Notes: (A) Different LPS concentrations induce MMP-2 mRNA. *P<0.05, significant difference as compared with the LPS 0 µg/mL. (B) Different LPS concentrations induce MMP-13 mRNA. Effects of S0, S1, S2, and S3 scaffolds on the expression MMP-2 and MMP-13 stimulated by LPS (5 µg/mL). (C, D) Cells were incubated with LPS for 8 hours, and the expression levels of MMP-2 and MMP-13 mRNAs were determined using real-time PCR. (E, F) Cells were incubated with LPS for 24 hours, and MMP-2 (E) and MMP-13 (F) protein levels in supernatant were assayed by Western blot. The data represent mean ± SD of three independent experiments. (G) Dual drug delivery system (SP-Ms/SB-Ms-loaded nanofiber) regulates matrix degradation and bone resorption in periodontal environment. *P<0.05, significant difference as compared with the S0 and **P<0.05, significant difference as compared with the LPS+S0.

Abbreviations: ECM, extracelluar matrix; LPS, lipopolysaccharide; PMN, polymorphonuclearleucocyte; S, solution; SB, SB203580; SB-Ms, SB203580-micelles; SP, SP600125; SP-Ms, SP600125-micelles.

Figure 5 Sequence of in vivo procedures.

Notes: (A) Mucoperiosteal flaps were elevated to expose periodontal buccal bone walls. (B) The defects were having the following dimensions: 5 mm apicocoronally, 5 mm mesiodistally, and 3 mm buccolingually. (C) After scaling periodontal ligament scales and debris from defects, an impression material (Impregum Soft™, 3M) was completely filled in the defects. (D) The defects were covered by biomaterials and the mucoperiosteal flaps were restored. (E) ROI was used in analysis of alveolar bone. (F–J) Histology of bone regeneration in class II furcation defects at 8 weeks. (F) The control group. (G) The S0 group with BMP-2. (H) The S1 group with BMP-2. (I) The S2 group with BMP-2. (J) The S3 group with BMP-2. Scale bar =500 µm.

Abbreviations: CTi, connective tissue; NB, new bone; PB, pre-existing bone; ROI, region of interest; S, solution.

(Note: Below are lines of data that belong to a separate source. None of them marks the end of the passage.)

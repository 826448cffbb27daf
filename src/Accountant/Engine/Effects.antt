-- ===== src/Accountant/Engine/Effects.antt =====
-- What the statements of an allocation do to the rewards, the rows and the accruals
-- (crates/katpool-db/src/repo/coinbase_reward.rs, share_allocation.rs and nacho_rebate.rs).
use katpool.Base.{
  ℕ, ◌+◌, ◌≡◌, refl, ap, sym, ◌∙◌, inl, inr, Bool, true, false, not, any, ◌&&◌, ◌==◌, ◌⊎◌,
  if◌then◌else◌, Option, none, some, List, [], ◌∷◌, ◌++◌, retain, sum_by, All, ok, >>=-eq-ok,
  ok_inj, guard, leb, Bool-cases, arith,
}
use mathlib.Core.List.{append-nil, append_assoc}
use katpool.Base.Float.{Float}
use katpool.Base.Int.{ℤ, pos, negsuc, pos_part, ltb_ℤ}
use katpool.Base.Word.{i64_max}
use katpool.Accountant.Fee.{is_balanced, Allocation}
use katpool.Accountant.Allocation.{config, constraint, ShareWindow}
use katpool.Accountant.Ledger.{
  CoinbaseReward, lock_for_allocation, mark_allocated, NachoRebate, add_accrual, accrue,
  ShareAllocation, insert_rows, insert_batch, row_fits, row_taken,
}
use katpool.Accountant.Engine

abbrev pub allocated_of : Option CoinbaseReward → Bool
allocated_of none = false
allocated_of (some r) = r.allocated

-- whether the reward is there and allocated
unfoldable pub is_allocated : ℕ → List CoinbaseReward → Bool
is_allocated id rewards = allocated_of (lock_for_allocation id rewards)

abbrev pub accrued : ℕ → List NachoRebate → ℕ
accrued wallet = sum_by (λ r. if r.rebate_wallet == wallet then r.accrued_sompi else 0)

add_accrual-accrued :
    (w wallet delta : ℕ) (rs : List NachoRebate) {out : List NachoRebate}
    → add_accrual wallet delta rs ≡ ok out
    → accrued w out ≡ accrued w rs + (if wallet == w then delta else 0)
add_accrual-accrued w wallet delta [] h = ground (arith, ap (accrued w) (ok_inj h))
add_accrual-accrued w wallet delta (r ∷ rs) {out} h =
    elim (Bool-cases (r.rebate_wallet == wallet)) [
      | inl e ↦
          let (_, _, k) =
            >>=-eq-ok (guard (leb (r.accrued_sompi + delta) i64_max) constraint) _
              (rw (e, add_accrual) at h) in
          ground (arith, ap (accrued w) (ok_inj k))
      | inr e ↦
          let (rest, k, k') =
            >>=-eq-ok (add_accrual wallet delta rs) _ (rw (e, add_accrual) at h) in
          ground (arith, ap (accrued w) (ok_inj k'), add_accrual-accrued w wallet delta rs k)
    ]

accrue_sum :
    (w wallet : ℕ) (delta : ℤ) (rs : List NachoRebate) {out : List NachoRebate}
    → accrue wallet delta rs ≡ ok out
    → accrued w out ≡ accrued w rs + (if wallet == w then pos_part delta else 0)
unfolding accrue
accrue_sum w wallet (negsuc n) rs h = cc
accrue_sum w wallet (pos d) rs h = add_accrual-accrued w wallet d rs h

pub accrue-accrued :
    (w wallet : ℕ) (delta : ℤ) (rs : List NachoRebate) {out : List NachoRebate}
    → (if ltb_ℤ (pos 0) delta then accrue wallet delta rs else ok rs) ≡ ok out
    → accrued w out ≡ accrued w rs + (if wallet == w then pos_part delta else 0)
accrue-accrued w wallet delta rs h = elim (Bool-cases (ltb_ℤ (pos 0) delta)) [
  | inl e ↦ accrue_sum w wallet delta rs (rw e at h)
  | inr e ↦ ground (arith, ap (accrued w) (ok_inj (rw e at h)))
]

pub is_allocated-mark_other :
    (id other : ℕ) (rs : List CoinbaseReward)
    → (id == other) ≡ false
    → is_allocated other (mark_allocated id rs) ≡ is_allocated other rs
unfolding is_allocated mark_allocated lock_for_allocation
is_allocated-mark_other id other [] e = refl
is_allocated-mark_other id other (r ∷ rs) e = ground (arith, is_allocated-mark_other id other rs)

pub is_allocated-mark :
    (id : ℕ) (rs : List CoinbaseReward)
    → (lock_for_allocation id rs ≡ none) ⊎ (is_allocated id (mark_allocated id rs) ≡ true)
unfolding is_allocated mark_allocated lock_for_allocation
is_allocated-mark id [] = inl refl
is_allocated-mark id (r ∷ rs) = ground (arith, is_allocated-mark id rs)

module _ (fl : Float) where
  open fl use {F, zero_f, le_f, is_finite}

  -- what the rows accrue for the wallet
  abbrev pub accrual_of : ℕ → List (ShareAllocation fl) → ℕ
  accrual_of wallet =
      sum_by (λ r. if r.row_wallet == wallet then pos_part r.split.nacho_accrual_sompi else 0)

  unfoldable pub rows_of : ℕ → List (ShareAllocation fl) → List (ShareAllocation fl)
  rows_of id = retain (λ r. r.coinbase_reward_id == id)

  insert_rows-eq :
      (new rows : List (ShareAllocation fl)) {out : List (ShareAllocation fl)}
      → insert_rows fl new rows ≡ ok out
      → out ≡ rows ++ new
  unfolding insert_rows
  insert_rows-eq [] rows h = sym (ok_inj h) ∙ sym (append-nil rows)
  insert_rows-eq (r ∷ new) rows h =
      let (_, _, k) =
        >>=-eq-ok (guard (row_fits fl r && not (row_taken fl r rows)) constraint) _ h in
      insert_rows-eq new (rows ++ r ∷ []) k ∙ append_assoc rows (r ∷ []) new

  pub insert_batch-eq :
      (new rows : List (ShareAllocation fl)) {out : List (ShareAllocation fl)}
      → insert_batch fl new rows ≡ ok out
      → out ≡ rows ++ new
  unfolding insert_batch
  insert_batch-eq [] rows h = sym (ok_inj h) ∙ sym (append-nil rows)
  insert_batch-eq (r ∷ new) rows h =
      let (_, _, k) =
        >>=-eq-ok (guard (not (any (λ q. not (is_balanced q.split)) (r ∷ new))) config) _ h in
      insert_rows-eq (r ∷ new) rows k

  pub accrue_all-accrued :
      (w id : ℕ) (total : F) (ws : List (ShareWindow fl)) (allocations : List Allocation)
      (rs : List NachoRebate) {out : List NachoRebate}
      → Engine.accrue_all fl ws allocations rs ≡ ok out
      → accrued w out ≡ accrued w rs + accrual_of w (Engine.new_rows fl id total ws allocations)
  unfolding Engine.accrue_all Engine.new_rows Engine.stored_split
  accrue_all-accrued w id total [] allocations rs h = ground (arith, ap (accrued w) (ok_inj h))
  accrue_all-accrued w id total (x ∷ ws) [] rs h = ground (arith, ap (accrued w) (ok_inj h))
  accrue_all-accrued w id total (x ∷ ws) (a ∷ rest) rs h =
      let (next, e, k) =
        >>=-eq-ok
          (if ltb_ℤ (pos 0) a.nacho_accrual_sompi
            then accrue x.window_wallet a.nacho_accrual_sompi rs
            else ok rs)
          _ h in
      omega (
        arith,
        accrue-accrued w x.window_wallet a.nacho_accrual_sompi rs e,
        accrue_all-accrued w id total ws rest next k,
      )

  pub new_rows-reward :
      (id : ℕ) (total : F) (ws : List (ShareWindow fl)) (allocations : List Allocation)
      → All (λ r. r.coinbase_reward_id ≡ id) (Engine.new_rows fl id total ws allocations)
  unfolding Engine.new_rows
  new_rows-reward id total [] allocations = tt
  new_rows-reward id total (w ∷ ws) [] = tt
  new_rows-reward id total (w ∷ ws) (a ∷ rest) = (refl, new_rows-reward id total ws rest)

  pub rows_of-append :
      (id : ℕ) (xs ys : List (ShareAllocation fl))
      → rows_of id (xs ++ ys) ≡ rows_of id xs ++ rows_of id ys
  unfolding rows_of
  rows_of-append id [] ys = refl
  rows_of-append id (x ∷ xs) ys = ground (arith, rows_of-append id xs ys)

  pub rows_of-other :
      (id other : ℕ) (rows : List (ShareAllocation fl))
      → (id == other) ≡ false
      → All (λ r. r.coinbase_reward_id ≡ id) rows
      → rows_of other rows ≡ []
  unfolding rows_of
  rows_of-other id other [] e h = refl
  rows_of-other id other (r ∷ rows) e h = ground (arith, rows_of-other id other rows e h.1)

Figure 6 Histology of the periodontal defects at 8 weeks post-surgery.

Notes: (A–E) The angle represents the angulation of regenerated ligament direction of each representative image: (A) the control group, (B) the S0 group with BMP-2, (C) the S1 group with BMP-2, (D) the S2 group with BMP-2, and (E) the S3 group with BMP-2. Scale bar =50 µm. (F–I) Micro-CT images: (F) bone volume per total volume (BV/TV), (G) trabecular number, (H) trabecular thickness, and (I) trabecular separation of various groups. *P<0.05 compared with control.

Abbreviations: Micro-CT, microcomputed tomography; S, solution.